TASK TO COMPLETE: The records below hold a stretch from the line with "pub record Buffered (S" through the line with "else (w.available, w)"; return exactly those lines, ends included, and nothing more.

WORKING DATA:
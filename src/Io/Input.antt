-- ===== src/Io/Input.antt =====
-- `InputStream`, `BufferedInputStreamWrapper` and `ArrayInputStream` of capnproto/c++/src/kj/io.c++.
-- A result `none` is an exception.
pub mod Laws
pub mod Array
use capnp_import.Common.{
  ℕ, zero, suc, ◌+◌, ◌-◌, ◌≤◌, ◌≡◌, ◌⊎◌, min, List, [], ◌∷◌, ◌++◌, length, take, drop, Bool, true,
  false, ◌==◌, ltb, leb, if◌then◌else◌, Option, none, some,
}

-- The contract of `tryRead` (kj/io.h) for a stream with the state `S`: the bytes that it gives are
-- the next ones of the input, at most `max_bytes`, and fewer than `min_bytes` at the end only.
pub record IsInputStream {S : Type 0} (try_read : ℕ → ℕ → S → List ℕ × S) (remaining : S → List ℕ)
    : Type 0 where
  pub in_order :
      (min_bytes max_bytes : ℕ) (s : S)
      → (try_read min_bytes max_bytes s).0 ++ remaining (try_read min_bytes max_bytes s).1
        ≡ remaining s
  pub at_most :
      (min_bytes max_bytes : ℕ) (s : S)
      → min_bytes ≤ max_bytes
      → length (try_read min_bytes max_bytes s).0 ≤ max_bytes
  pub at_least :
      (min_bytes max_bytes : ℕ) (s : S)
      → min_bytes ≤ max_bytes
      → (min_bytes ≤ length (try_read min_bytes max_bytes s).0)
        ⊎ (remaining (try_read min_bytes max_bytes s).1 ≡ [])

abbrev pub block_size : ℕ
block_size = 4096

abbrev pub scratch_size : ℕ
scratch_size = 8192

-- A `BufferedInputStreamWrapper` around a stream: `bufferAvailable`, and the size of the buffer.
pub record Buffered (S : Type 0) : Type 0 where
  pub inner : S
  pub available : List ℕ
  pub size : ℕ

module _ {S : Type 0} (try_read : ℕ → ℕ → S → List ℕ × S) where
  abbrev require : ℕ → List ℕ × S → Option (List ℕ × S)
  require min_bytes (bytes, s) = if leb min_bytes (length bytes) then some (bytes, s) else none

  pub read : ℕ → ℕ → S → Option (List ℕ × S)
  read min_bytes max_bytes s = require min_bytes (try_read min_bytes max_bytes s)

  abbrev and_then {ℓ} : {B : Type ℓ} → Option (List ℕ × S) → (List ℕ → S → Option B) → Option B
  and_then none f = none
  and_then (some (bytes, s)) f = f bytes s

  -- `InputStream::skip`: at most `scratch_size` bytes at a time.
  pub skip_loop : ℕ → ℕ → S → Option S
  unfolding read
  skip_loop fuel zero s = some s
  skip_loop zero (suc bytes) s = none
  skip_loop (suc fuel) (suc bytes) s =
      let amount = min (suc bytes) scratch_size in
      and_then (read amount amount s) (λ bytes_read s'. skip_loop fuel (suc bytes - amount) s')

  pub skip : ℕ → S → Option S
  unfolding skip_loop
  skip bytes s = skip_loop bytes bytes s

  abbrev prepend : List ℕ → Option (List ℕ) → Option (List ℕ)
  prepend part none = none
  prepend part (some bytes) = some (part ++ bytes)

  -- `readAll`, with `end` the terminating NUL or nothing. A part is full when another one follows.
  pub read_all_loop : ℕ → ℕ → List ℕ → S → Option (List ℕ)
  read_all_loop zero limit end s = none
  read_all_loop (suc fuel) limit end s =
      let part_size = min block_size limit in
      let (part, s') = try_read part_size part_size s in
      let rest = read_all_loop fuel (limit - length part) end s' in
      if ltb 0 limit
      then (if ltb (length part) part_size then some (part ++ end) else prepend part rest)
      else none

  pub read_all : ℕ → Bool → S → Option (List ℕ)
  unfolding read_all_loop
  read_all limit nul_terminate s =
      read_all_loop (suc limit) limit (if nul_terminate then 0 ∷ [] else []) s

  -- `BufferedInputStreamWrapper`
  pub try_get_read_buffer : Buffered S → List ℕ × Buffered S
  try_get_read_buffer w =
      let (bytes, s) = try_read 1 w.size w.inner in
      if length w.available == 0
      then (bytes, record w { inner = s; available = bytes })
      else (w.available, w)

  pub buffered_try_read : ℕ → ℕ → Buffered S → Option (List ℕ × Buffered S)
  unfolding read
  buffered_try_read min_bytes max_bytes w =
      let first = length w.available in
      let min_left = min_bytes - first in
      let max_left = max_bytes - first in
      if leb min_bytes first
      then some (
        take (min first max_bytes) w.available,
        record w { available = drop (min first max_bytes) w.available },
      )
      else if leb max_left w.size
      then and_then (read min_left w.size w.inner) (λ bytes s. some (
        w.available ++ take (min (length bytes) max_left) bytes,
        record w { inner = s; available = drop (min (length bytes) max_left) bytes },
      ))
      else and_then (read min_left max_left w.inner)
          (λ bytes s. some (w.available ++ bytes, record w { inner = s; available = [] }))

  abbrev skipped : Buffered S → Option S → Option (Buffered S)
  skipped w none = none
  skipped w (some s) = some (record w { inner = s; available = [] })

  pub buffered_skip : ℕ → Buffered S → Option (Buffered S)
  unfolding read skip
  buffered_skip bytes w =
      let left = bytes - length w.available in
      if leb bytes (length w.available)
      then some (record w { available = drop bytes w.available })
      else if leb left w.size
      then and_then (read left w.size w.inner)
          (λ bytes_read s. some (record w { inner = s; available = drop left bytes_read }))
      else skipped w (skip left w.inner)

-- `ArrayInputStream::tryRead` and `skip`.
pub array_try_read : ℕ → ℕ → List ℕ → List ℕ × List ℕ
array_try_read min_bytes max_bytes array =
    let n = min max_bytes (length array) in (take n array, drop n array)

pub array_skip : ℕ → List ℕ → Option (List ℕ)
array_skip bytes array = if leb bytes (length array) then some (drop bytes array) else none
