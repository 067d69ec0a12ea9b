-- ===== src/Io/Input/Array.antt =====
-- `ArrayInputStream` of capnproto/c++/src/kj/io.c++ as an `InputStream`.
use capnp_import.Common.{
  ℕ, ◌≤◌, ◌≡◌, min, List, length, drop, zero, suc, [], ◌∷◌, refl, arith, inl, inr, length-take,
  take-append-drop, Bool-cases, leb,
}
use capnp_import.Io.Input.{IsInputStream, array_try_read}

drop_all : (n : ℕ) (xs : List ℕ) → length xs ≤ n → drop n xs ≡ []
drop_all zero [] h = refl
drop_all zero (x ∷ xs) h = absurd (omega arith)
drop_all (suc n) [] h = refl
drop_all (suc n) (x ∷ xs) h = drop_all n xs (omega arith)

-- An `ArrayInputStream` keeps the contract of `tryRead`: it gives the next bytes of its array, at
-- most as many as are asked for, and fewer than the least number at the end of the array only.
pub array_try_read-IsInputStream : IsInputStream array_try_read (λ array. array)
unfolding array_try_read
array_try_read-IsInputStream = record {
  in_order = λ min_bytes max_bytes s. take-append-drop (min max_bytes (length s)) s;
  at_most = λ min_bytes max_bytes s h. omega (arith, length-take (min max_bytes (length s)) s);
  at_least = λ min_bytes max_bytes s h. elim (Bool-cases (leb max_bytes (length s))) [
    | inl e ↦ inl (ground (arith, e, length-take (min max_bytes (length s)) s))
    | inr e ↦ inr (drop_all (min max_bytes (length s)) s (ground (arith, e)))
  ];
}
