-- ===== src/Io/Input/Laws.antt =====
-- A buffered stream gives the bytes of the inner stream, in order, whatever the inner one hands out.
use capnp_import.Common.{
  ℕ, zero, suc, ◌-◌, ◌≤◌, ◌<◌, ◌≡◌, min, List, [], ◌∷◌, ◌++◌, length, take, drop, Bool, ltb, leb,
  if◌then◌else◌, some, refl, sym, ◌∙◌, ap, arith, Bool-cases, inl, inr, length-append, length-take,
  append_assoc, append-nil, take-append-drop, leb-eq-true, ltb-eq-true,
}
use capnp_import.Io.Input.{
  IsInputStream, block_size, Buffered, read, read_all_loop, read_all, buffered_try_read,
}

module _ {S : Type 0} (try_read : ℕ → ℕ → S → List ℕ × S) (remaining : S → List ℕ)
    (law : IsInputStream try_read remaining) where
  abbrev pub pending : Buffered S → List ℕ
  pending w = w.available ++ remaining w.inner

  -- A read for which there are enough bytes.
  pub read-enough :
      (min_bytes max_bytes : ℕ) (s : S)
      → min_bytes ≤ max_bytes
      → min_bytes ≤ length (remaining s)
      → (bytes : List ℕ) × (s' : S) × (read try_read min_bytes max_bytes s ≡ some (bytes, s'))
        × (bytes ++ remaining s' ≡ remaining s)
        × (min_bytes ≤ length bytes)
        × (length bytes ≤ max_bytes)
  unfolding read
  read-enough min_bytes max_bytes s h e =
      let bytes = (try_read min_bytes max_bytes s).0 in
      let s' = (try_read min_bytes max_bytes s).1 in
      let order = law.in_order min_bytes max_bytes s in
      let enough : min_bytes ≤ length bytes = elim (law.at_least min_bytes max_bytes s h) [
        | inl n ↦ n
        | inr done ↦
            omega (arith, e, ap length order, length-append bytes (remaining s'), ap length done)
      ] in
      (
        bytes,
        s',
        rw (leb-eq-true min_bytes (length bytes) enough) refl,
        order,
        enough,
        law.at_most min_bytes max_bytes s h,
      )

  -- Where the inner stream keeps its contract, and it and the buffer together still have the least
  -- number of bytes asked for, a read gives the next bytes in order, no fewer than that and no more
  -- than the most asked for, and leaves the rest.
  pub buffered_try_read-enough :
      (min_bytes max_bytes : ℕ) (w : Buffered S)
      → min_bytes ≤ max_bytes
      → min_bytes ≤ length (pending w)
      → (bytes : List ℕ) × (w' : Buffered S) × (buffered_try_read try_read min_bytes max_bytes w
          ≡ some (bytes, w'))
        × (bytes ++ pending w' ≡ pending w)
        × (min_bytes ≤ length bytes)
        × (length bytes ≤ max_bytes)
  unfolding buffered_try_read read
  buffered_try_read-enough min_bytes max_bytes w h e =
      let first = length w.available in
      elim (Bool-cases (leb min_bytes first)) [
        | inl full ↦ (
          take (min first max_bytes) w.available,
          record w { available = drop (min first max_bytes) w.available },
          rw full refl,
          sym (append_assoc (take (min first max_bytes) w.available) _ (remaining w.inner))
              ∙ ap (λ l. l ++ remaining w.inner)
                  (take-append-drop (min first max_bytes) w.available),
          ground (arith, length-take (min first max_bytes) w.available),
          ground (arith, length-take (min first max_bytes) w.available),
        )
        | inr short ↦ elim (Bool-cases (leb (max_bytes - first) w.size)) [
          | inl small ↦
              let (bytes, s', found, order, enough, most) =
                read-enough (min_bytes - first) w.size w.inner (ground (arith, small))
                  (omega (arith, e, length-append w.available (remaining w.inner))) in
              let n = min (length bytes) (max_bytes - first) in
              (
                w.available ++ take n bytes,
                record w { inner = s'; available = drop n bytes },
                rw (short, small) (rw found refl),
                append_assoc w.available (take n bytes) (drop n bytes ++ remaining s')
                    ∙ ap (λ l. w.available ++ l)
                        (sym (append_assoc (take n bytes) (drop n bytes) (remaining s'))
                          ∙ ap (λ l. l ++ remaining s') (take-append-drop n bytes)
                          ∙ order),
                ground (
                  arith,
                  short,
                  enough,
                  length-append w.available (take n bytes),
                  length-take n bytes,
                ),
                ground (
                  arith,
                  short,
                  most,
                  length-append w.available (take n bytes),
                  length-take n bytes,
                ),
              )
          | inr large ↦
              let (bytes, s', found, order, enough, most) =
                read-enough (min_bytes - first) (max_bytes - first) w.inner (omega arith)
                  (omega (arith, e, length-append w.available (remaining w.inner))) in
              (
                w.available ++ bytes,
                record w { inner = s'; available = [] },
                rw (short, large) (rw found refl),
                append_assoc w.available bytes (remaining s') ∙ ap (λ l. w.available ++ l) order,
                omega (arith, enough, length-append w.available bytes),
                ground (arith, short, most, length-append w.available bytes),
              )
        ]
      ]

  -- The rounds of `readAll`, where the limit is larger than the input.
  read_all_loop-enough :
      (fuel limit : ℕ) (end : List ℕ) (s : S)
      → length (remaining s) < limit
      → limit < fuel
      → read_all_loop try_read fuel limit end s ≡ some (remaining s ++ end)
  unfolding read_all_loop
  read_all_loop-enough zero limit end s h f = absurd (omega arith)
  read_all_loop-enough (suc fuel) limit end s h f =
      let size = min block_size limit in
      let part = (try_read size size s).0 in
      let s' = (try_read size size s).1 in
      let order = law.in_order size size s in
      let long = ap length order ∙ refl in
      let sum = length-append part (remaining s') in
      elim (Bool-cases (ltb (length part) size)) [
        | inl last ↦
            let done : remaining s' ≡ [] = elim (law.at_least size size s (omega arith)) [
              | inl n ↦ absurd (ground (arith, last, n))
              | inr d ↦ d
            ] in
            rw (ltb-eq-true 0 limit (omega arith), last)
              (ap (λ l. some (l ++ end))
                (sym (append-nil part) ∙ ap (λ l. part ++ l) (sym done) ∙ order))
        | inr more ↦
            let most = law.at_most size size s (omega arith) in
            let rest =
              read_all_loop-enough fuel (limit - length part) end s' (omega (arith, long, sum))
                (ground (arith, more)) in
            rw (ltb-eq-true 0 limit (omega arith), more)
              (rw rest (
                ap (λ l. some l)
                  (sym (append_assoc part (remaining s') end) ∙ ap (λ l. l ++ end) order)))
      ]

  -- `readAll` of a stream that keeps its contract and has fewer bytes than the limit returns them
  -- all, with a NUL if asked for.
  pub read_all-enough :
      (limit : ℕ) (nul_terminate : Bool) (s : S)
      → length (remaining s) < limit
      → read_all try_read limit nul_terminate s
        ≡ some (remaining s ++ (if nul_terminate then 0 ∷ [] else []))
  unfolding read_all
  read_all-enough limit nul_terminate s h =
      read_all_loop-enough (suc limit) limit (if nul_terminate then 0 ∷ [] else []) s h
        (omega arith)
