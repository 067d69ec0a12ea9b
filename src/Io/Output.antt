-- ===== src/Io/Output.antt =====
-- `BufferedOutputStreamWrapper`, `ArrayOutputStream` and `OutputStream::write` of
-- capnproto/c++/src/kj/io.c++.
pub mod Laws
use capnp_import.Common.{
  ℕ, zero, suc, ◌+◌, ◌-◌, List, [], ◌∷◌, ◌++◌, length, take, drop, ◌==◌, ltb, leb, if◌then◌else◌,
  Option, none, some,
}

-- The bytes given to the inner stream, those in the buffer before `bufferPos`, and its size.
pub record Buffered : Type 0 where
  pub written : List ℕ
  pub buffer : List ℕ
  pub size : ℕ

pub flush : Buffered → Buffered
flush o =
    if ltb 0 (length o.buffer) then record o { written = o.written ++ o.buffer; buffer = [] } else o

-- `write` of data that does not stand in the buffer.
pub write_copy : List ℕ → Buffered → Buffered
write_copy src o =
    let available = o.size - length o.buffer in
    if leb (length src) available
    then record o { buffer = o.buffer ++ src }
    else if leb (length src) o.size
    then record o {
      written = o.written ++ (o.buffer ++ take available src);
      buffer = drop available src;
    }
    else record o { written = (o.written ++ o.buffer) ++ src; buffer = [] }

-- `write` of data that the caller put into `getWriteBuffer()`.
pub write_in_place : List ℕ → Buffered → Buffered
write_in_place src o = record o { buffer = o.buffer ++ src }

-- `OutputStream::write` of several pieces.
pub write_pieces : List (List ℕ) → Buffered → Buffered
unfolding write_copy
write_pieces [] o = o
write_pieces (piece ∷ pieces) o = write_pieces pieces (write_copy piece o)

-- `ArrayOutputStream::write`: the bytes before `fillPos`, and the size of the array.
pub array_write : List ℕ → List ℕ → ℕ → Option (List ℕ)
array_write src filled size =
    if leb (length src) (size - length filled) then some (filled ++ src) else none
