-- ===== src/Io/Output/Laws.antt =====
-- A buffered stream gives the inner stream all bytes, in order.
use capnp_import.Common.{
  ℕ, ◌-◌, ◌≤◌, ◌≡◌, List, [], ◌∷◌, ◌++◌, length, leb, refl, sym, ◌∙◌, ap, arith, Bool-cases, inl,
  inr, length-append, length-drop, append_assoc, append-nil, take-append-drop,
}
use capnp_import.Io.Output.{Buffered, flush, write_copy, write_pieces}

abbrev pub concat : List (List ℕ) → List ℕ
concat [] = []
concat (piece ∷ pieces) = piece ++ concat pieces

abbrev flat : Buffered → List ℕ
flat o = o.written ++ o.buffer

write_copy-flat :
    (src : List ℕ) (o : Buffered)
    → length o.buffer ≤ o.size
    → (flat (write_copy src o) ≡ flat o ++ src)
      × (length (write_copy src o).buffer ≤ (write_copy src o).size)
unfolding write_copy
write_copy-flat src o h = elim (Bool-cases (leb (length src) (o.size - length o.buffer))) [
  | inl e ↦
      rw e (sym (append_assoc o.written o.buffer src), ground (arith, length-append o.buffer src))
  | inr e ↦ elim (Bool-cases (leb (length src) o.size)) [
    | inl f ↦
        rw (e, f)
          (
            append_assoc o.written _ _
                ∙ ap (λ l. o.written ++ l)
                    (append_assoc o.buffer _ _
                      ∙ ap (λ l. o.buffer ++ l) (take-append-drop (o.size - length o.buffer) src))
                ∙ sym (append_assoc o.written o.buffer src),
            ground (arith, length-drop (o.size - length o.buffer) src),
          )
    | inr f ↦ rw (e, f) (append-nil _, ground arith)
  ]
]

flush-flat : (o : Buffered) → ((flush o).written ≡ flat o) × ((flush o).buffer ≡ [])
unfolding flush
flush-flat o = go o.written o.buffer o.size
  where
    go :
        (written buffer : List ℕ) (size : ℕ)
        → ((flush (record { written = written; buffer = buffer; size = size })).written
            ≡ written ++ buffer)
          × ((flush (record { written = written; buffer = buffer; size = size })).buffer ≡ [])
    go written [] size = (sym (append-nil written), refl)
    go written (b ∷ buffer) size = ground arith

write_pieces-flat :
    (pieces : List (List ℕ)) (o : Buffered)
    → length o.buffer ≤ o.size
    → (flat (write_pieces pieces o) ≡ flat o ++ concat pieces)
      × (length (write_pieces pieces o).buffer ≤ (write_pieces pieces o).size)
unfolding write_pieces
write_pieces-flat [] o h = (sym (append-nil _), h)
write_pieces-flat (piece ∷ pieces) o h =
    let (one, fits) = write_copy-flat piece o h in
    let (more, fits') = write_pieces-flat pieces (write_copy piece o) fits in
    (more ∙ ap (λ l. l ++ concat pieces) one ∙ append_assoc (flat o) piece (concat pieces), fits')

-- Writing pieces never fills the buffer beyond its size, and when it is flushed, the inner stream has
-- got all that was written before and then the pieces, in order, and the buffer is empty.
pub flush-write_pieces :
    (pieces : List (List ℕ)) (o : Buffered)
    → length o.buffer ≤ o.size
    → (length (write_pieces pieces o).buffer ≤ (write_pieces pieces o).size)
      × ((flush (write_pieces pieces o)).written ≡ (o.written ++ o.buffer) ++ concat pieces)
      × ((flush (write_pieces pieces o)).buffer ≡ [])
flush-write_pieces pieces o h =
    let (all, fits) = write_pieces-flat pieces o h in
    let (out, empty) = flush-flat (write_pieces pieces o) in (fits, out ∙ all, empty)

TASK RESPONSE:
pub record Buffered (S : Type 0) : Type 0 where
  pub inner : S
  pub available : List ℕ
  pub size : ℕ

module _ {S : Type 0} (try_read : ℕ → ℕ → S → List ℕ × S) where
  abbrev require : ℕ → List ℕ × S → Option (List ℕ × S)
  require min_bytes (bytes, s) = if leb min_bytes (length bytes) then some (bytes, s) else none

  pub read : ℕ → ℕ → S → Option (List ℕ × S)
  read min_bytes max_bytes s = require min_bytes (try_read min_bytes max_bytes s)

  abbrev and_then {ℓ} : {B : Type ℓ} → Option (List ℕ × S) → (List ℕ → S → Option B) → Option B
  and_then none f = none
  and_then (some (bytes, s)) f = f bytes s

  -- `InputStream::skip`: at most `scratch_size` bytes at a time.
  pub skip_loop : ℕ → ℕ → S → Option S
  unfolding read
  skip_loop fuel zero s = some s
  skip_loop zero (suc bytes) s = none
  skip_loop (suc fuel) (suc bytes) s =
      let amount = min (suc bytes) scratch_size in
      and_then (read amount amount s) (λ bytes_read s'. skip_loop fuel (suc bytes - amount) s')

  pub skip : ℕ → S → Option S
  unfolding skip_loop
  skip bytes s = skip_loop bytes bytes s

  abbrev prepend : List ℕ → Option (List ℕ) → Option (List ℕ)
  prepend part none = none
  prepend part (some bytes) = some (part ++ bytes)

  -- `readAll`, with `end` the terminating NUL or nothing. A part is full when another one follows.
  pub read_all_loop : ℕ → ℕ → List ℕ → S → Option (List ℕ)
  read_all_loop zero limit end s = none
  read_all_loop (suc fuel) limit end s =
      let part_size = min block_size limit in
      let (part, s') = try_read part_size part_size s in
      let rest = read_all_loop fuel (limit - length part) end s' in
      if ltb 0 limit
      then (if ltb (length part) part_size then some (part ++ end) else prepend part rest)
      else none

  pub read_all : ℕ → Bool → S → Option (List ℕ)
  unfolding read_all_loop
  read_all limit nul_terminate s =
      read_all_loop (suc limit) limit (if nul_terminate then 0 ∷ [] else []) s

  -- `BufferedInputStreamWrapper`
  pub try_get_read_buffer : Buffered S → List ℕ × Buffered S
  try_get_read_buffer w =
      let (bytes, s) = try_read 1 w.size w.inner in
      if length w.available == 0
      then (bytes, record w { inner = s; available = bytes })
      else (w.available, w)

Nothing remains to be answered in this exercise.